Our group focuses on addressing the methodological challenges that have so far relegated autonomous discovery in the chemical sciences to proof-of-concept studies. We do this in order to:
- (a) accelerate the discovery of novel functional molecules, materials, and processes;
- (b) enhance understanding of the underlying chemical and physical processes that govern their behavior; and
- (c) reallocate human creativity to improving the process of conducting research and leverage AI-driven platforms to execute on that process.
Scientific discovery is a problem of inference from incomplete and imperfect information, for which techniques in artificial intelligence are well-suited. However, there are a number of bottlenecks in our current approach to molecular discovery (a few are summarized below in red); overcoming them will require a number of methodological advances (a few are summarized below in blue).
Develop domain-tailored neural models
The use of machine learning models for chemical discovery problems has overwhelmingly been limited to off-the-shelf models that do not readily transfer to this domain. Problems in chemistry and biology rarely have large quantities of clean, annotated data, and the structure of model inputs (e.g., molecules, proteins) are not inherently numeric or character-based as in more familiar image-or text-processing tasks. While statistical inference techniques have been successfully applied to self-contained chemical prediction tasks (e.g., developing structure-property relationship models, predicting links in knowledge graphs of biological activity), there are significant obstacles to applying them more broadly related to molecular representation, model generalizability, and data availability, among others. Our work in this area involves the integration of domain expertise and prior knowledge into neural models to improve accuracy, uncertainty estimation, and generalization, especially in low data environments. >2D molecular representations that can understand both stereochemistry and conformational flexibility are of particular interest. We are also developing new models for de novo molecular generation that incorporate considerations of synthetic feasibility and sample efficiency.
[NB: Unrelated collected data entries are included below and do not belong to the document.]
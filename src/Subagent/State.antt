-- ===== src/Subagent/State.antt =====
-- The states of a job and its result (src/subagent_runtime.rs, src/tools/subagent.rs). Times are
-- milliseconds since the epoch.
use rust_claw_oc.Prelude.{ℕ, Bool, true, false, String, Option, none, some, List, or_some}

pub record SubagentResult : Type 0 where
  pub ok : Bool
  pub summary : String
  pub findings : List String
  pub artifacts : List String
  pub sub_session_id : Option String
  pub transcript_path : Option String
  pub event_log_path : Option String
  pub skill_name : Option String
  pub lineage : Option (List String)
  pub effective_tools : Option (List String)
  pub effective_max_steps : Option ℕ
  pub effective_timeout_sec : Option ℕ

pub data SubagentJobState : Type 0 where
  pending : SubagentJobState
  running : ℕ → SubagentJobState
  completed : ℕ → SubagentResult → SubagentJobState
  failed : ℕ → String → Option SubagentResult → SubagentJobState
  cancelled : ℕ → Option SubagentResult → SubagentJobState
  timed_out : ℕ → Option SubagentResult → SubagentJobState

unfoldable pub finish_reason : SubagentJobState → String
finish_reason pending = "pending"
finish_reason (running t) = "running"
finish_reason (completed t r) = "finished"
finish_reason (failed t e p) = "failed"
finish_reason (cancelled t p) = "cancelled"
finish_reason (timed_out t p) = "timed_out"

abbrev pub is_terminal : SubagentJobState → Bool
is_terminal pending = false
is_terminal (running t) = false
is_terminal _ = true

abbrev summary_of : Option SubagentResult → Option String
summary_of none = none
summary_of (some r) = some r.summary

unfoldable pub summary : SubagentJobState → Option String
summary (completed t r) = some r.summary
summary (failed t e p) = or_some (summary_of p) (some e)
summary (cancelled t p) = summary_of p
summary (timed_out t p) = summary_of p
summary _ = none

unfoldable pub into_result : SubagentJobState → Option SubagentResult
into_result (completed t r) = some r
into_result (failed t e p) = p
into_result (cancelled t p) = p
into_result (timed_out t p) = p
into_result _ = none

abbrev pub finished_at_unix_ms : SubagentJobState → Option ℕ
finished_at_unix_ms (completed t r) = some t
finished_at_unix_ms (failed t e p) = some t
finished_at_unix_ms (cancelled t p) = some t
finished_at_unix_ms (timed_out t p) = some t
finished_at_unix_ms _ = none
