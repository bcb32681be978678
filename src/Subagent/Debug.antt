-- ===== src/Subagent/Debug.antt =====
-- The debug snapshot of a job (src/subagent_runtime.rs).
pub mod Window
mod Tests
use rust_claw_oc.Prelude.{
  ℕ, ◌+◌, ◌-◌, String, Bool, Option, none, some, or_some, is_some, List, [], ◌∷◌, push, drop,
  length, concat, char_count, take_chars, ltb, if◌then◌else◌, str_eq,
}
use rust_claw_oc.Subagent.State.{SubagentJobState, finish_reason}

pub record SubagentDebugEvent : Type 0 where
  pub kind : String
  pub tool_name : Option String
  pub text : String
  pub at_unix_ms : ℕ

pub record SubagentDebugSnapshot : Type 0 where
  pub state_label : String
  pub failure_stage : Option String
  pub step_count : ℕ
  pub last_model_text : Option String
  pub last_thought_text : Option String
  pub last_tool_name : Option String
  pub last_tool_args_summary : Option String
  pub last_tool_result_summary : Option String
  pub last_error : Option String
  pub recent_events : List SubagentDebugEvent
  pub updated_at_unix_ms : ℕ

-- `SubagentDebugSnapshot::default`
unfoldable pub new_debug : ℕ → SubagentDebugSnapshot
new_debug now = record {
  state_label = "pending";
  failure_stage = none;
  step_count = 0;
  last_model_text = none;
  last_thought_text = none;
  last_tool_name = none;
  last_tool_args_summary = none;
  last_tool_result_summary = none;
  last_error = none;
  recent_events = [];
  updated_at_unix_ms = now;
}

abbrev pub max_recent_events : ℕ
max_recent_events = 12

unfoldable pub truncate_debug_text : String → ℕ → String
truncate_debug_text input max_chars =
    if ltb max_chars (char_count input)
    then concat (take_chars max_chars input ∷ "...(truncated)" ∷ [])
    else take_chars max_chars input

-- `push`, then `drain` of the excess.
abbrev pub push_recent : List SubagentDebugEvent → SubagentDebugEvent → List SubagentDebugEvent
push_recent events event =
    let all = push events event in
    if ltb max_recent_events (length all) then drop (length all - max_recent_events) all else all

unfoldable pub push_recent_debug_event :
    SubagentDebugEvent → SubagentDebugSnapshot → SubagentDebugSnapshot
push_recent_debug_event event debug = record debug {
  recent_events = push_recent debug.recent_events event;
}

unfoldable pub set_debug_state_label : String → ℕ → SubagentDebugSnapshot → SubagentDebugSnapshot
set_debug_state_label label now debug = record debug {
  state_label = label;
  updated_at_unix_ms = now;
}

abbrev error_event : String → Option String → ℕ → SubagentDebugEvent
error_event text tool_name now = record {
  kind = "error";
  tool_name = tool_name;
  text = text;
  at_unix_ms = now;
}

unfoldable pub record_debug_error :
    String → String → Option String → ℕ → SubagentDebugSnapshot → SubagentDebugSnapshot
unfolding truncate_debug_text push_recent_debug_event
record_debug_error failure_stage error tool_name now debug =
    record (push_recent_debug_event (error_event (truncate_debug_text error 240) tool_name now)
      debug) {
        failure_stage = some failure_stage;
        last_error = some (truncate_debug_text error 500);
        last_tool_name = or_some tool_name debug.last_tool_name;
        updated_at_unix_ms = now;
      }

unfoldable pub finalize_debug_state :
    SubagentJobState → ℕ → SubagentDebugSnapshot → SubagentDebugSnapshot
finalize_debug_state state now debug = record debug {
  state_label = finish_reason state;
  failure_stage = if str_eq (finish_reason state) "finished" then none else debug.failure_stage;
  updated_at_unix_ms = now;
}
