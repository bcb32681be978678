-- ===== src/Subagent/Debug/Tests.antt =====
-- Fifteen debug events (src/subagent_runtime.rs).
use rust_claw_oc.Prelude.{String, none, List, [], ◌∷◌}
use rust_claw_oc.Subagent.Debug.{SubagentDebugEvent}

abbrev event : String → SubagentDebugEvent
event text = record { kind = "tool"; tool_name = none; text = text; at_unix_ms = 0 }

abbrev five : List SubagentDebugEvent
five = event "1" ∷ event "2" ∷ event "3" ∷ event "4" ∷ event "5" ∷ []
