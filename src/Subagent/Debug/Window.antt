-- ===== src/Subagent/Debug/Window.antt =====
-- The window of recent debug events (src/subagent_runtime.rs, `push_recent_debug_event`).
use rust_claw_oc.Prelude.{
  ◌≡◌, ◌∙◌, refl, sym, ap, ℕ, zero, suc, ◌-◌, ◌≤◌, ◌<◌, List, [], ◌∷◌, ◌++◌, push, drop, length,
  length-append, length-drop, ltb, arith, Bool-cases, ltb→lt, inl, inr,
}
use mathlib.Core.List.{append_assoc, append-nil}
use rust_claw_oc.Subagent.Debug.{
  SubagentDebugEvent, SubagentDebugSnapshot, push_recent, push_recent_debug_event,
  max_recent_events, new_debug,
}

-- The last twelve of a list.
abbrev pub newest : List SubagentDebugEvent → List SubagentDebugEvent
newest es = drop (length es - max_recent_events) es

drop-drop : (n : ℕ) (xs : List SubagentDebugEvent) → drop 1 (drop n xs) ≡ drop (suc n) xs
drop-drop zero xs = refl
drop-drop (suc n) [] = refl
drop-drop (suc n) (x ∷ xs) = drop-drop n xs

drop-push :
    (n : ℕ) (xs : List SubagentDebugEvent) (e : SubagentDebugEvent)
    → n ≤ length xs
    → drop n (push xs e) ≡ push (drop n xs) e
drop-push zero xs e h = refl
drop-push (suc n) [] e h = absurd (omega (arith, h))
drop-push (suc n) (x ∷ xs) e h = drop-push n xs e (omega (arith, h))

push_recent_lem :
    (es : List SubagentDebugEvent) (e : SubagentDebugEvent) → push_recent es e ≡ newest (push es e)
push_recent_lem es e = elim (Bool-cases (ltb 12 (length (push es e)))) [
  | inl many ↦ rw (many, push_recent) refl
  | inr few ↦
      let none_over : 0 ≡ length (push es e) - 12 = ground arith in
      rw (few, push_recent) (ap (λ n. drop n (push es e)) none_over)
]

newest-push :
    (es : List SubagentDebugEvent) (e : SubagentDebugEvent)
    → newest (push (newest es) e) ≡ newest (push es e)
newest-push es e = elim (Bool-cases (ltb 12 (length es))) [
  | inr few ↦
      let none_over : length es - 12 ≡ 0 = ground arith in
      ap (λ n. newest (push (drop n es) e)) none_over
  | inl many ↦
      let n = length es - 12 in
      let over : 12 < length es = ltb→lt 12 (length es) many in
      let one_more : length (push (newest es) e) - 12 ≡ 1 =
        omega (arith, over, length-append (newest es) (e ∷ []), length-drop n es) in
      let all : suc n ≡ length (push es e) - 12 = omega (arith, over, length-append es (e ∷ [])) in
      ap (λ k. drop k (push (newest es) e)) one_more
      ∙ ap (drop 1) (sym (drop-push n es e (omega arith)))
      ∙ drop-drop n (push es e)
      ∙ ap (λ k. drop k (push es e)) all
]

unfoldable pub push_all : List SubagentDebugEvent → SubagentDebugSnapshot → SubagentDebugSnapshot
unfolding push_recent_debug_event
push_all [] debug = debug
push_all (e ∷ es) debug = push_all es (push_recent_debug_event e debug)

push_all-from :
    (es seen : List SubagentDebugEvent) (debug : SubagentDebugSnapshot)
    → debug.recent_events ≡ newest seen
    → (push_all es debug).recent_events ≡ newest (seen ++ es)
unfolding push_all push_recent_debug_event
push_all-from [] seen debug h = h ∙ ap newest (sym (append-nil seen))
push_all-from (e ∷ es) seen debug h =
    push_all-from es (push seen e) (push_recent_debug_event e debug)
      (ap (λ l. push_recent l e) h ∙ push_recent_lem (newest seen) e ∙ newest-push seen e)
    ∙ ap newest (append_assoc seen (e ∷ []) es)

-- A debug snapshot shows the last twelve events of all that were recorded, in order.
push_all-newest :
    (es : List SubagentDebugEvent) (now : ℕ)
    → (push_all es (new_debug now)).recent_events ≡ newest es
unfolding new_debug
push_all-newest es now = push_all-from es [] (new_debug now) refl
Improve interpretability in statistical modelling
Use of models in the decision-making process, with or without human supervision, requires trust. Building trust requires a combination of demonstrated value (accuracy) and insight into model reasoning (interpretability). For models to be accepted into discovery pipelines, we must be able to extract justifications for their predictions that are structured in a manner consistent with those of domain experts. We aim to bring such interpretability to our modeling efforts to move beyond black box predictors, for example, by grounding predictions of chemical reactivity in physical organic chemistry principles.
Understand and expand our synthetic chemistry toolbox
Computational assistance is only useful insofar as it can produce actionable suggestions for experimental validation. The synthesis and testing of new molecules is a common requirement for validation of functional physical matter. Despite significant progress in methodology development, few reactions have achieved widespread use as part of the synthetic chemistry toolbox. Newly discovered reactions may be too narrowly applicable or require excessive optimization to be practical. Overcoming both of these barriers to adoption requires an expansion of substrate scope and straightforward guidelines for how the reaction should be carried out to achieve maximal yield, selectivity, etc. We approach this problem from a statistical modelling perspective, leveraging the collective chemical knowledge reflected in the patent and journal literature to identify robust synthetic and biological transformations, including enzyme catalysis. This builds on our ongoing efforts in predictive chemistry, which encompasses computer-aided synthesis planning and related tasks.
Rapidly explore complex design spaces by aligning computational and experimental platforms
As computational design strategies are increasingly able to make use of available information to propose new hypotheses, we are increasingly limited by our ability to validate them. Current platform technologies for synthesis and screening are often misaligned with rational design approaches; the next generation of laboratory hardware should be specifically tailored to supply the data required by the current and future state-of-the-art machine learning and computational discovery algorithms. We customize our own automated laboratory platforms for the rapid generation of high-fidelity experimental data suitable for training and validation.